Она положила ладонь ему на грудь:

– Тебе нужно подстричься.

– Не заговаривай мне зубы.

– И побриться.

– Тогда что?

– Эта футболка годится только на тряпки.

– Дасти хочет использовать ее для уборки дома.

– Дай ее мне.

Он погладил Феникс по лицу и поцеловал в лоб.

– Я прошел все муки ада, детка.

– Прости.

– Хорошо.

– Я тоже прошла через ад, Роман.

– Я хочу, чтобы ты мне кое-что пообещала. Обещай, что в случае, если тебя начнут одолевать сомнения, ты мне об этом скажешь. Ты не будешь ничего держать в себе, чтобы страдать в одиночку – и заставлять меня тоже страдать, – ты просто придешь и скажешь, как ты бесценна.

– Бесценна? – Она резко подняла к нему лицо с полуоткрытыми губами.

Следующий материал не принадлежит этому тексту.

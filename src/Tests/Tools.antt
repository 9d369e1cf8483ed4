-- ===== src/Tests/Tools.antt =====
-- The theorems on the tools, on a published post and on an update of a credential.
use social.Prelude.{arith, if◌then◌else◌, none, some, [], ◌∷◌, refl, str_eq}
use social.Table.{count, find?}
use social.Model.{ScheduledPost, published}
use social.Exec.{Sys}
use social.Post.Statements.{has_id}
use social.Tools.{Fields, mcp_update, mcp_publish, mcp_schedule, mcp_archive}
use social.Tools.Frozen.{Refused, IsPublished, published_post-Refused}
use social.Tools.Target.{SameTargets, changed_post-SameTargets}
use social.Tools.{mcp_create}
use social.Model.{mastodon, queued}
use social.Scheduler.Queue.{process_due}
use social.Model.{scheduled}
use social.Tools.Statuses.{KnownStatuses, is_known}
use social.Tools.Vocabulary.{changed_post-KnownStatuses}
use social.Tests.{world, start, tables, post_with}
use social.PostHttp.{handle_post_create, PostBody}
use social.Tools.Lasting.{Stays}
use social.Service.Entry.{ToolCall, call}
use social.Tools.Untouched.{changed_post-Stays}

abbrev moved : Fields
moved key = if str_eq key "credential_id" then some "c2" else none

abbrev done : Sys
done = record start { db = record tables { posts = post_with "p9" published 10 ∷ [] } }

done-IsPublished : IsPublished "p9" done.db
unfolding find? has_id
done-IsPublished = (post_with "p9" published 10, (refl, refl))

published_post-Refused_example :
    Refused done.db (mcp_update "p9" moved (world 200) done)
    × Refused done.db (mcp_publish "p9" (world 200) done)
    × Refused done.db (mcp_schedule "p9" 50 (world 200) done)
    × Refused done.db (mcp_archive "p9" (world 200) done)
published_post-Refused_example =
    published_post-Refused "p9" moved 50 (world 200) done done-IsPublished

changed_post-SameTargets_example :
    SameTargets tables.posts (mcp_update "p1" moved (world 200) start).1.db
    × SameTargets tables.posts (mcp_publish "p1" (world 200) start).1.db
    × SameTargets tables.posts (mcp_schedule "p1" 50 (world 200) start).1.db
    × SameTargets tables.posts (mcp_archive "p1" (world 200) start).1.db
    × SameTargets tables.posts (process_due (world 200) start).1.db
changed_post-SameTargets_example = changed_post-SameTargets "p1" moved 50 (world 200) start

abbrev described : Fields
described key =
    if str_eq key "credential_id"
    then some "c1"
    else if str_eq key "body"
    then some "hello"
    else if str_eq key "status"
    then some "queued"
    else none

abbrev new_post : ScheduledPost
new_post = record {
  id = "new";
  platform = mastodon;
  credential_id = "c1";
  body = "hello";
  media_url = "";
  alt_text = "";
  scheduled_at = none;
  status = queued;
  platform_post_id = "";
  error_msg = "";
  created_at = 1000000000000;
  updated_at = 1000000000000;
}

tables-KnownStatuses : KnownStatuses tables
unfolding is_known
tables-KnownStatuses = search

changed_post-KnownStatuses_example :
    KnownStatuses (mcp_create described (world 200) start).1.db
    × KnownStatuses (mcp_update "p1" described (world 200) start).1.db
    × KnownStatuses (mcp_publish "p1" (world 200) start).1.db
    × KnownStatuses (mcp_schedule "p1" 50 (world 200) start).1.db
    × KnownStatuses (mcp_archive "p1" (world 200) start).1.db
    × KnownStatuses (process_due (world 200) start).1.db
changed_post-KnownStatuses_example =
    changed_post-KnownStatuses "p1" described 50 (world 200) start tables-KnownStatuses

abbrev kept_post : ScheduledPost
kept_post = post_with "p9" published 10

done-Stays : Stays kept_post done.db
unfolding count has_id
done-Stays = record { there = omega arith; same = ((λ e. refl), tt) }

abbrev posted : PostBody
posted = record {
  platform = "";
  credential_id = "c1";
  body = "hello";
  media_url = "";
  alt_text = "";
  scheduled_at = none;
  status = "";
}

changed_post-Stays_example :
    Stays kept_post (call (ToolCall.delete_credential "c1") (world 200) done).1.db
    × Stays kept_post (handle_post_create "token" (some posted) (world 200) done).1.db
    × Stays kept_post (process_due (world 200) done).1.db
changed_post-Stays_example =
    changed_post-Stays kept_post (ToolCall.delete_credential "c1") "token" (some posted) (world 200)
      done refl (λ e. absurd (cc)) done-Stays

Роман не смог подавить в себе улыбку:

– А, заметила? По некоторым причинам ты не веришь никому, кто любит тебя из-за тебя.

Феникс обняла его за шею.

Он почувствовал довольно-таки сильный удар между ними и широко улыбнулся.

– Прекрати смеяться, – велела она ему. – Надеюсь, ты не перестанешь улыбаться, когда у тебя на руках окажется и двухлетний ребенок, и новорожденный.

Он открыл рот, чтобы ответить, но она прижала палец к его губам:

– Я очень хотела, чтобы кто-нибудь полюбил меня ради меня самой. Ты именно так любишь. Теперь поцелуй меня.